When she goes, pulling the door shut with her trailing foot, Madame and Monsieur exchange glances, then turn their gaze on their lodger, as if some explanation – an explanation for every ill and unsettling thing that has occurred since his arrival on the rue de la Lingerie – was now required of him.
‘I wished to ask you,’ begins Jean-Baptiste, ‘to enquire that is, how your daughter does, madame.’
‘Ziggi? Oh, it is very trying to have children, monsieur. She seems quite to have melted. You should call on her, monsieur. My husband and myself are at our wits’ ends. Ever since – and I pray you excuse us – ever since your work began she will not be comforted. It is as if she felt the shovels on her own skin.’
‘I am sorry for it,’ says Jean-Baptiste. ‘Truly. But the work cannot be avoided. I am trying, madame . . .
we
are trying, to do what is good, what is . . .’
The fire snaps; a spark flies out. Jean-Baptiste, rising swiftly, extinguishes it with the toe of his boot.
‘The wood is green,’ growls Monsieur Monnard, and he frowns at the fire as though green wood was the green heart of all that vexed him.

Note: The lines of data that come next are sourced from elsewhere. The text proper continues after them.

-- ===== src/Chromecast/Json/Parser/Quoting.antt =====
-- What quote writes, the parser reads back.
use phone.Prelude.{
  ℕ, zero, suc, ◌/◌, ◌%◌, ◌≤◌, ◌<◌, ◌≡◌, refl, sym, ap, ◌∙◌, true, false, [], ◌∷◌, ◌++◌, some,
  length, length-append, ltb, leb, ◌==◌, if-each, arith, ==→≡,
}
use mathlib.Core.List.{append_assoc, append-nil}
use phone.Chromecast.Json.{
  Text, parsed, hex_digit, hex_from, hex4, is_high, is_low, unicode, utf8, more, piece_of, escape,
  character, add_piece, string_loop, starts, quoted,
}
use phone.Chromecast.Json.Parser.{hex_char, quote_char, quote_chars, quote}

hex_digit-hex_char : (d : ℕ) → d < 16 → hex_digit (hex_char d) ≡ some d
unfolding hex_digit hex_char
hex_digit-hex_char d h = ground arith

hex4_small :
    (c : ℕ) (text : Text)
    → c < 0x20
    → hex4 (b'0' ∷ b'0' ∷ hex_char (c / 16) ∷ hex_char (c % 16) ∷ text) ≡ some (c, text)
unfolding hex4 hex_from
hex4_small c text h =
    let high : hex_digit (hex_char (c / 16)) ≡ some (c / 16) =
      hex_digit-hex_char (c / 16) (omega arith) in
    let low : hex_digit (hex_char (c % 16)) ≡ some (c % 16) =
      hex_digit-hex_char (c % 16) (omega arith) in
    let zero_digit : hex_digit b'0' ≡ some 0 = unfold hex_digit in refl in
    let enough : leb 4 (suc (suc (suc (suc (length text))))) ≡ true = ground arith in
    rw (enough, zero_digit, high, low) (ap (λ (n : ℕ). some (n, text)) (omega arith))

unicode_small :
    (c : ℕ) (text : Text)
    → c < 0x20
    → unicode (b'0' ∷ b'0' ∷ hex_char (c / 16) ∷ hex_char (c % 16) ∷ text) ≡ some (c, text)
unfolding unicode is_high is_low
unicode_small c text h =
    let not_high : leb 0xd800 c ≡ false = ground arith in
    let not_low : leb 0xdc00 c ≡ false = ground arith in
    rw (hex4_small c text h, not_high, not_low) refl

piece_of_small : (c : ℕ) (text : Text) → c < 0x20 → piece_of (some (c, text)) ≡ more (c ∷ []) text
unfolding piece_of utf8
piece_of_small c text h = let ascii : ltb c 0x80 ≡ true = ground arith in rw ascii refl

character-quote_char : (c : ℕ) (text : Text) → character (quote_char c ++ text) ≡ more (c ∷ []) text
unfolding character quote_char escape
character-quote_char c text =
    let Q : Text → Type 0 = λ t. character (t ++ text) ≡ more (c ∷ []) text in
    if-each Q (c == b'"') (λ e. same c b'"' e)
      (λ quote.
        if-each Q (c == b'\\') (λ e. same c b'\\' e)
          (λ backslash.
            if-each Q (c == 10) (λ e. same c 10 e)
              (λ newline.
                if-each Q (c == 13) (λ e. same c 13 e)
                  (λ carriage.
                    if-each Q (c == 9) (λ e. same c 9 e)
                      (λ tab.
                        if-each Q (ltb c 0x20)
                          (λ low.
                            rw (unicode_small c text (ground arith))
                              (piece_of_small c text (ground arith)))
                          (λ high. rw (quote, high, backslash) refl))))))
  where
    same : (a b : ℕ) → (a == b) ≡ true → more (b ∷ []) text ≡ more (a ∷ []) text
    same a b e = ap (λ (n : ℕ). more (n ∷ []) text) (sym (==→≡ a b e))

string_loop-quote_chars :
    (s rest out : Text) (fuel : ℕ)
    → length s < fuel
    → string_loop fuel (quote_chars s ++ (b'"' ∷ rest)) out ≡ parsed (out ++ s, rest)
unfolding string_loop quote_chars add_piece
string_loop-quote_chars s rest out zero h = absurd (omega arith)
string_loop-quote_chars [] rest out (suc fuel) h =
    unfold character in ap (λ (t : Text). parsed (t, rest)) (sym (append-nil out))
string_loop-quote_chars (c ∷ s) rest out (suc fuel) h =
    rw
      (
        append_assoc (quote_char c) (quote_chars s) (b'"' ∷ rest),
        character-quote_char c (quote_chars s ++ (b'"' ∷ rest)),
      )
      (string_loop-quote_chars s rest (out ++ (c ∷ [])) fuel (omega arith)
        ∙ ap (λ (t : Text). parsed (t, rest)) (append_assoc out (c ∷ []) s))

length-quote_char : (c : ℕ) → 0 < length (quote_char c)
unfolding quote_char
length-quote_char c =
    let P : Text → Type 0 = λ t. 0 < length t in
    if-each P (c == b'"') (λ e. omega arith)
      (λ e.
        if-each P (c == b'\\') (λ e. omega arith)
          (λ e.
            if-each P (c == 10) (λ e. omega arith)
              (λ e.
                if-each P (c == 13) (λ e. omega arith)
                  (λ e.
                    if-each P (c == 9) (λ e. omega arith)
                      (λ e. if-each P (ltb c 0x20) (λ e. omega arith) (λ e. omega arith))))))

length-quote_chars : (s : Text) → length s ≤ length (quote_chars s)
unfolding quote_chars
length-quote_chars [] = omega arith
length-quote_chars (c ∷ s) =
    omega (
      arith,
      length-append (quote_char c) (quote_chars s),
      length-quote_char c,
      length-quote_chars s,
    )

-- For every text, the parser's string reads back what quote writes for it, and leaves what follows.
pub quoted-quote : (s rest : Text) → quoted (quote s ++ rest) ≡ parsed (s, rest)
unfolding quoted quote starts
quoted-quote s rest =
    let regroup : (quote_chars s ++ (b'"' ∷ [])) ++ rest ≡ quote_chars s ++ (b'"' ∷ rest) =
      append_assoc (quote_chars s) (b'"' ∷ []) rest in
    rw regroup (
      string_loop-quote_chars s rest [] (suc (length (quote_chars s ++ (b'"' ∷ rest))))
        (omega (arith, length-quote_chars s, length-append (quote_chars s) (b'"' ∷ rest))))
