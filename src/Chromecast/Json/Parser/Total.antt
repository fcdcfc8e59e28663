-- ===== src/Chromecast/Json/Parser/Total.antt =====
-- The fuel of parse_json is enough for every text: the parser ends.
use phone.Prelude.{
  ℕ, zero, suc, ◌+◌, ◌*◌, ◌≤◌, ◌<◌, ◌≡◌, ◌≢◌, refl, sym, true, [], ◌∷◌, Option, none, some, length,
  ltb, ◌==◌, if-both, if-each, arith,
}
use phone.Chromecast.Json.{
  Text, Json, Numbers, Outcome, parsed, failed, out_of_fuel, bind, of_option, space, starts, tail,
  literal, quoted, number_token, parse_number,
}
use phone.Chromecast.Json.Parser.{
  or_else, number_value, parse_word, parse_scalar, expect, parse_value, parse_members, parse_items,
  end_of_text, parse_json, maximum_depth,
}
use phone.Chromecast.Json.Parser.Lengths.{
  Within, WithinSome, AtMost, bind-Within, step-WithinSome, require-WithinSome, widen-Within,
  length-space, length-tail, literal-AtMost, quoted-Within, number_token-WithinSome,
}

parse_number-WithinSome :
    (f : Numbers) (text : Text) → WithinSome (length text) (parse_number f text)
unfolding parse_number
parse_number-WithinSome f text =
    step-WithinSome (length text) _ (number_token text) _ (number_token-WithinSome text)
      (λ token rest less. require-WithinSome _ (f.is_finite (f.strtod token)) _ (λ e. less))

-- A word that was read took its bytes.
literal-less :
    (w : ℕ) (word text rest : Text)
    → literal (w ∷ word) text ≡ some rest
    → length rest < length text
unfolding literal
literal-less w word [] rest = λ e. absurd cc
literal-less w word (c ∷ text) rest =
    if-both (λ (r : Option Text). r ≡ some rest → length rest < suc (length text)) (c == w)
      (λ e. shorter (literal word text) (literal-AtMost word text) e) (λ e. absurd cc)
  where
    shorter : (r : Option Text) → AtMost text r → r ≡ some rest → length rest < suc (length text)
    shorter none h e = absurd cc
    shorter (some left) h e = let same : left ≡ rest = cc in rw (sym same) (omega (arith, h))

or_else-WithinSome :
    (n : ℕ) (read : Option Text) (value : Json) (later : Option (Json × Text))
    → ((rest : Text) → read ≡ some rest → length rest < n)
    → WithinSome n later
    → WithinSome n (or_else read value later)
unfolding or_else
or_else-WithinSome n none value later less h = h
or_else-WithinSome n (some rest) value later less h = less rest refl

number_value-WithinSome :
    (n : ℕ) (r : Option (ℕ × Text)) → WithinSome n r → WithinSome n (number_value r)
unfolding number_value
number_value-WithinSome n none h = tt
number_value-WithinSome n (some (value, rest)) h = h

parse_word-WithinSome : (f : Numbers) (text : Text) → WithinSome (length text) (parse_word f text)
unfolding parse_word
parse_word-WithinSome f text = or_else-WithinSome _ _ _ _ (literal-less _ _ text) (
    or_else-WithinSome _ _ _ _ (literal-less _ _ text) (
      or_else-WithinSome _ _ _ _ (literal-less _ _ text)
        (number_value-WithinSome _ (parse_number f text) (parse_number-WithinSome f text))))

of_option-Within {ℓ} :
    {A : Type ℓ} (n : ℕ) (r : Option (A × Text)) → WithinSome n r → Within n (of_option r)
of_option-Within n none h = tt
of_option-Within n (some (a, rest)) h = h

parse_scalar-Within : (f : Numbers) (text : Text) → Within (length text) (parse_scalar f text)
unfolding parse_scalar
parse_scalar-Within f text =
    if-both (Within (length text)) (starts b'"' text)
      (bind-Within (length text) _ (quoted text) _ (quoted-Within text) (λ s rest less. less))
      (of_option-Within (length text) (parse_word f text) (parse_word-WithinSome f text))

expect-Within {ℓ} :
    {A : Type ℓ} (m byte : ℕ) (text : Text) (k : Text → Outcome (A × Text))
    → (starts byte text ≡ true → Within m (k (tail text)))
    → Within m (bind (expect byte text) k)
unfolding expect
expect-Within m byte text k h =
    if-each (λ (r : Outcome Text). Within m (bind r k)) (starts byte text) h (λ e. tt)

-- One induction on the fuel: each call gets twice the length of its text, and one for a value, two
-- for a loop, or more.
mutual
  unfolding parse_value

  parse_value-Within :
      (f : Numbers) (fuel depth : ℕ) (text : Text)
      → 2 * length text + 1 ≤ fuel
      → Within (length text) (parse_value f fuel depth text)
  parse_value-Within f zero depth text h = absurd (omega arith)
  parse_value-Within f (suc fuel) depth text h =
      let start = space text in
      let shorter = length-space text in
      let P : Outcome (Json × Text) → Type 0 = Within (length text) in
      if-both P (ltb maximum_depth depth) tt (
        if-each P (starts b'{' start)
          (λ e.
            let less = length-tail b'{' start e in
            if-each P (starts b'}' (space (tail start)))
              (λ e.
                omega (arith, length-tail b'}' (space (tail start)) e, length-space (tail start)))
              (λ e.
                bind-Within (length (tail start)) _ (parse_members f fuel depth (tail start)) _
                  (parse_members-Within f fuel depth (tail start) (omega (arith, less, shorter)))
                  (λ fs rest fewer. omega (arith, less, shorter))))
          (λ e.
            if-each P (starts b'[' start)
              (λ e.
                let less = length-tail b'[' start e in
                if-each P (starts b']' (space (tail start)))
                  (λ e.
                    omega
                      (arith, length-tail b']' (space (tail start)) e, length-space (tail start)))
                  (λ e.
                    bind-Within (length (tail start)) _ (parse_items f fuel depth (tail start)) _
                      (parse_items-Within f fuel depth (tail start) (omega (arith, less, shorter)))
                      (λ fs rest fewer. omega (arith, less, shorter))))
              (λ e. widen-Within _ (length text) _ shorter (parse_scalar-Within f start))))

  parse_members-Within :
      (f : Numbers) (fuel depth : ℕ) (text : Text)
      → 2 * length text + 2 ≤ fuel
      → Within (length text) (parse_members f fuel depth text)
  parse_members-Within f zero depth text h = absurd (omega arith)
  parse_members-Within f (suc fuel) depth text h =
      bind-Within (length (space text)) _ (quoted (space text)) _ (quoted-Within (space text))
        (λ key text1 read. expect-Within (length text) b':' (space text1) _ (λ e.
          let text2 = tail (space text1) in
          let used : length text2 + 1 < length text = omega (
            arith,
            length-space text,
            read,
            length-space text1,
            length-tail b':' (space text1) e,
          ) in
          bind-Within (length text2) _ (parse_value f fuel (depth + 1) text2) _
            (parse_value-Within f fuel (depth + 1) text2 (omega (arith, used)))
            (λ value text3 less.
              let after = space text3 in
              let shorter = length-space text3 in
              if-each (Within (length text)) (starts b',' after)
                (λ e.
                  bind-Within (length (tail after)) _ (parse_members f fuel depth (tail after)) _
                    (parse_members-Within f fuel depth (tail after)
                      (omega (arith, shorter, used, length-tail b',' after e)))
                    (λ fs rest fewer. omega (arith, shorter, used, length-tail b',' after e)))
                (λ e.
                  if-each (Within (length text)) (starts b'}' after)
                    (λ e. omega (arith, shorter, used, length-tail b'}' after e)) (λ e. tt)))))

  parse_items-Within :
      (f : Numbers) (fuel depth : ℕ) (text : Text)
      → 2 * length text + 2 ≤ fuel
      → Within (length text) (parse_items f fuel depth text)
  parse_items-Within f zero depth text h = absurd (omega arith)
  parse_items-Within f (suc fuel) depth text h =
      bind-Within (length text) _ (parse_value f fuel (depth + 1) text) _
        (parse_value-Within f fuel (depth + 1) text (omega arith))
        (λ value text1 less.
          let after = space text1 in
          let shorter = length-space text1 in
          if-each (Within (length text)) (starts b',' after)
            (λ e.
              bind-Within (length (tail after)) _ (parse_items f fuel depth (tail after)) _
                (parse_items-Within f fuel depth (tail after)
                  (omega (arith, shorter, length-tail b',' after e)))
                (λ xs rest fewer. omega (arith, shorter, length-tail b',' after e)))
            (λ e.
              if-each (Within (length text)) (starts b']' after)
                (λ e. omega (arith, shorter, length-tail b']' after e)) (λ e. tt)))

end_of_text-ends : (value : Json) (text : Text) → end_of_text value text ≢ out_of_fuel
unfolding end_of_text
end_of_text-ends value [] = λ e. cc
end_of_text-ends value (c ∷ text) = λ e. cc

bind-ends :
    (n : ℕ) (r : Outcome (Json × Text)) (k : Json × Text → Outcome Json)
    → Within n r
    → ((value : Json) (rest : Text) → k (value, rest) ≢ out_of_fuel)
    → bind r k ≢ out_of_fuel
bind-ends n (parsed (value, rest)) k h next = next value rest
bind-ends n failed k h next = λ e. cc
bind-ends n out_of_fuel k h next = absurd h

-- The parser ends on every text: the fuel that parse_json hands out, twice the text's length and one,
-- never runs out.
pub parse_json-ends : (f : Numbers) (text : Text) → parse_json f text ≢ out_of_fuel
unfolding parse_json
parse_json-ends f text =
    bind-ends (length text) (parse_value f (2 * length text + 1) 0 text) _
      (parse_value-Within f (2 * length text + 1) 0 text (omega arith))
      (λ value rest. end_of_text-ends value (space rest))
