-- ===== src/Chromecast/Protocol.antt =====
-- chromecast/protocol.cc: the answers of a device, read into the structs of protocol.h.
pub mod Passwords
pub mod Scanning
pub mod Wrapping
pub mod Body
use phone.Prelude.Integers.{ℤ, pos, negsuc, same_int, less_int, to_int}
use phone.Prelude.Texts.{bytes_of}
use phone.Prelude.{
  ℕ, zero, suc, Bool, true, false, not, ◌&&◌, ◌||◌, List, [], ◌∷◌, Option, none, some, list_eq,
  ◌==◌, if◌then◌else◌, ◌>>=◌, require,
}
use phone.Chromecast.Json.{
  Text, Json, Items, object, array, no_items, item, Numbers, Outcome, parsed, failed, out_of_fuel,
  is_empty,
}
use phone.Chromecast.Json.Parser.{parse_json, find, as_string, as_bool, as_integer}

pub record DeviceInfo : Type 0 where
  pub name : Text
  pub model : Text
  pub build : Text
  pub mac : Text
  pub udn : Text
  pub hotspot_bssid : Text
  pub public_key : Text
  pub ssid : Text
  pub ip : Text
  pub state : ℤ
  pub signal : ℤ
  pub keeps_hotspot : Bool

pub record WifiNetwork : Type 0 where
  pub ssid : Text
  pub bssid : Text
  pub signal : ℤ
  pub auth : ℤ
  pub cipher : ℤ
  pub frequency : ℤ
  pub wpa_id : ℤ

-- setup_state values.
abbrev pub saved_state : ℤ
saved_state = pos 62

unfoldable pub describe : ℕ → Text
describe state =
    if state == 10 || state == 11
    then bytes_of "Not connected"
    else if state == 20
    then bytes_of "Scanning for Wi-Fi"
    else if state == 21
    then bytes_of "Network not found"
    else if state == 30
    then bytes_of "Joining Wi-Fi"
    else if state == 31
    then bytes_of "Wrong password"
    else if state == 32
    then bytes_of "Possibly wrong password"
    else if state == 40
    then bytes_of "Getting an IP address"
    else if state == 41
    then bytes_of "The router gave no IP address"
    else if state == 50
    then bytes_of "Checking internet access"
    else if state == 51 || state == 52
    then bytes_of "No internet through this router"
    else if state == 53 || state == 54
    then bytes_of "The network needs a sign-in page"
    else if state == 60
    then bytes_of "Connected"
    else if state == 61
    then bytes_of "Connected, not saved yet"
    else if state == 62
    then bytes_of "Wi-Fi saved, update pending"
    else if state == 63 || state == 64
    then bytes_of "Connected, setup pending"
    else bytes_of "Unknown state"

unfoldable pub describe_state : ℤ → Text
describe_state (pos state) = describe state
describe_state (negsuc state) = bytes_of "Unknown state"

unfoldable pub failed_state : ℤ → Bool
failed_state (pos state) =
    state == 21
    || state == 31
    || state == 32
    || state == 41
    || state == 51
    || state == 53
    || state == 54
failed_state (negsuc state) = false

-- The optional that parse_json returns.
unfoldable pub root_of : Outcome Json → Option Json
root_of (parsed root) = some root
root_of failed = none
root_of out_of_fuel = none

unfoldable pub text_or : Option Text → Text → Text
text_or none other = other
text_or (some t) other = t

unfoldable pub int_or : Option ℤ → ℤ → ℤ
int_or none other = other
int_or (some n) other = n

unfoldable pub bool_or : Option Bool → Bool → Bool
bool_or none other = other
bool_or (some b) other = b

-- text of the member at a path.
unfoldable pub text_at : Json → List Text → Text
text_at root path = text_or (as_string (find (some root) path)) []

-- The second text where the first is empty.
unfoldable pub unless_empty : Text → Text → Text
unless_empty [] other = other
unless_empty (c ∷ t) other = c ∷ t

-- The int at a path, or the given one.
unfoldable pub int_at : Numbers → Json → List Text → ℤ → ℤ
int_at f root path other = to_int (int_or (as_integer f (find (some root) path)) other)

unfoldable pub is_negative : ℤ → Bool
is_negative (pos n) = false
is_negative (negsuc n) = true

unfoldable pub is_object : Json → Bool
is_object (object fs) = true
is_object _ = false

unfoldable pub is_array : Option Json → Bool
is_array (some (array xs)) = true
is_array _ = false

unfoldable pub state_of : Option ℤ → Option ℤ → ℤ
state_of (some state) other = to_int state
state_of none (some state) = to_int state
state_of none none = negsuc 0

unfoldable pub read_info : Numbers → Json → DeviceInfo
read_info f r =
    let at_key = λ (key : Text). text_at r (key ∷ []) in
    let below = λ (parent key : Text). text_at r (parent ∷ key ∷ []) in
    let device = bytes_of "device_info" in
    record {
      name = at_key (bytes_of "name");
      model = below device (bytes_of "model_name");
      build =
          unless_empty (below (bytes_of "build_info") (bytes_of "cast_build_revision"))
            (at_key (bytes_of "cast_build_revision"));
      mac = unless_empty (below device (bytes_of "mac_address")) (at_key (bytes_of "mac_address"));
      udn = unless_empty (below device (bytes_of "ssdp_udn")) (at_key (bytes_of "ssdp_udn"));
      hotspot_bssid = below device (bytes_of "hotspot_bssid");
      public_key =
          unless_empty (below device (bytes_of "public_key")) (at_key (bytes_of "public_key"));
      ssid = unless_empty (below (bytes_of "wifi") (bytes_of "ssid")) (at_key (bytes_of "ssid"));
      ip =
          unless_empty (below (bytes_of "net") (bytes_of "ip_address"))
            (at_key (bytes_of "ip_address"));
      state =
          state_of (as_integer f (find (some r) (bytes_of "setup" ∷ bytes_of "setup_state" ∷ [])))
            (as_integer f (find (some r) (bytes_of "setup_state" ∷ [])));
      signal = int_at f r (bytes_of "wifi" ∷ bytes_of "signal_level" ∷ []) (pos 0);
      keeps_hotspot =
          bool_or
            (as_bool (
              find (some r) (
                device
                ∷ bytes_of "capabilities"
                ∷ bytes_of "keep_hotspot_until_connected_supported"
                ∷ [])))
            false;
    }

-- What answers and has no setup state, key or name is no setup API.
unfoldable pub is_foreign : DeviceInfo → Bool
is_foreign d = is_negative d.state && is_empty d.public_key && is_empty d.name

unfoldable pub parse_info : Numbers → Text → Option DeviceInfo
parse_info f json = do
  root ← root_of (parse_json f json)
  _ ← require (is_object root)
  _ ← require (not (is_foreign (read_info f root)))
  some (read_info f root)

-- The first of the keys that holds an array, or the value itself.
unfoldable pub first_array : Json → List Text → Option Json
first_array root [] = some root
first_array root (key ∷ keys) =
    let later = first_array root keys in
    let found = find (some root) (key ∷ []) in if is_array found then found else later

unfoldable pub rows_of : Option Json → Items
rows_of (some (array rows)) = rows
rows_of _ = no_items

-- The rows of a root that is an array or an object with one under a key.
unfoldable pub rows_under : Json → List Text → Items
rows_under root keys =
    if is_object root then rows_of (first_array root keys) else rows_of (some root)

unfoldable pub configured : Items → List Text
configured no_items = []
configured (item row rows) =
    let rest = configured rows in add (as_string (find (some row) (bytes_of "ssid" ∷ []))) rest
  where
    add : Option Text → List Text → List Text
    add none rest = rest
    add (some ssid) rest = ssid ∷ rest

unfoldable pub configured_in : Option Json → List Text
configured_in none = []
configured_in (some root) =
    configured (rows_under root (bytes_of "networks" ∷ bytes_of "configured_networks" ∷ []))

unfoldable pub parse_configured : Numbers → Text → List Text
parse_configured f json = configured_in (root_of (parse_json f json))
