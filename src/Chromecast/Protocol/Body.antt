-- ===== src/Chromecast/Protocol/Body.antt =====
-- chromecast/protocol.cc: connect_body, and the decimal numbers that it and the messages write.
use phone.Prelude.Integers.{ℤ, pos, negsuc}
use phone.Prelude.Texts.{bytes_of}
use phone.Prelude.{ℕ, zero, suc, ◌+◌, ◌/◌, ◌%◌, Bool, [], ◌∷◌, ◌++◌, ◌==◌, if◌then◌else◌}
use phone.Chromecast.Json.{Text}
use phone.Chromecast.Json.Parser.{quote}
use phone.Chromecast.Protocol.{WifiNetwork}

unfoldable pub digits_before : ℕ → ℕ → Text → Text
digits_before zero n text = text
digits_before (suc fuel) n text =
    let more = digits_before fuel (n / 10) ((b'0' + n % 10) ∷ text) in
    if n / 10 == 0 then (b'0' + n % 10) ∷ text else more

-- std::to_string; 20 digits are enough for 64 bits.
unfoldable pub decimal : ℕ → Text
decimal n = digits_before 20 n []

unfoldable pub int_text : ℤ → Text
int_text (pos n) = decimal n
int_text (negsuc n) = b'-' ∷ decimal (n + 1)

unfoldable pub at_least_zero : ℤ → ℤ
at_least_zero (pos n) = pos n
at_least_zero (negsuc n) = pos 0

unfoldable pub connect_body : WifiNetwork → Text → Bool → Text
connect_body n encrypted keep_hotspot =
    bytes_of "{\"ssid\":"
    ++ quote n.ssid
    ++ bytes_of ",\"wpa_auth\":"
    ++ int_text n.auth
    ++ bytes_of ",\"wpa_cipher\":"
    ++ int_text n.cipher
    ++ bytes_of ",\"wpa_id\":"
    ++ int_text (at_least_zero n.wpa_id)
    ++ bytes_of ",\"scan_ssid\":0,\"enc_passwd\":"
    ++ quote encrypted
    ++ (if keep_hotspot then bytes_of ",\"keep_hotspot_until_connected\":true" else [])
    ++ bytes_of "}"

Upstairs, shielding his candle from the dozen draughts that live in the air at the top of the house like so many secret, invisible streams, the engineer stops outside Ziguette’s room and looks down at the line of light at the bottom of her door. It is late, but he is curious to see her, this melting girl. And he would, if he is able, like to give her some reassurance. As a guest, a type of guest in this place, it surely behoves him to offer her his sympathy, and he is about to tap softly on the door when it is opened and Marie is there, the hint of a smile on her face. For a few seconds they stand, blatantly regarding each other; then she steps back to admit him.
Two candles (in addition to his own) illuminate the room: one on the dressing table, the other in a little holder of painted porcelain on the cabinet beside the bed. The room is spacious, at least three times the size of his own, and with a large shuttered window over the quiet street. Put into good order, it would be a pleasant room, the nicest in the house perhaps, but nothing here is in good order. The place appears to have been subject to a private storm, one that has whirled every dress and petticoat, every linen pocket, embroidered apron and set of stays, every mob cap and straw hat, every frill, stocking and furbelow that a cutler’s paternal love can bestow upon an only daughter, whirled it all into the air and then, suddenly ceasing, left everything to rain down in confusion. In the centre of it all, partly covered by it, is Ziguette herself, her body loosely sculpted by a linen sheet, her face flushed with a heat whose source is surely internal. (The room has only a modest fire.) She stares up at the engineer with swollen eyes, her hair – unpinned, uncovered, uncombed – spread over the bolster in a heavy blond tangle. Her mouth has a punched look, and in the stretched white of her neck he can clearly see the pulsing of her blood.
‘It is not too late, I hope, to pay a call?’
She does not answer him. He looks round at Marie, who is standing directly behind him, hands clasped at the front of her thighs, her expression now perfectly blank.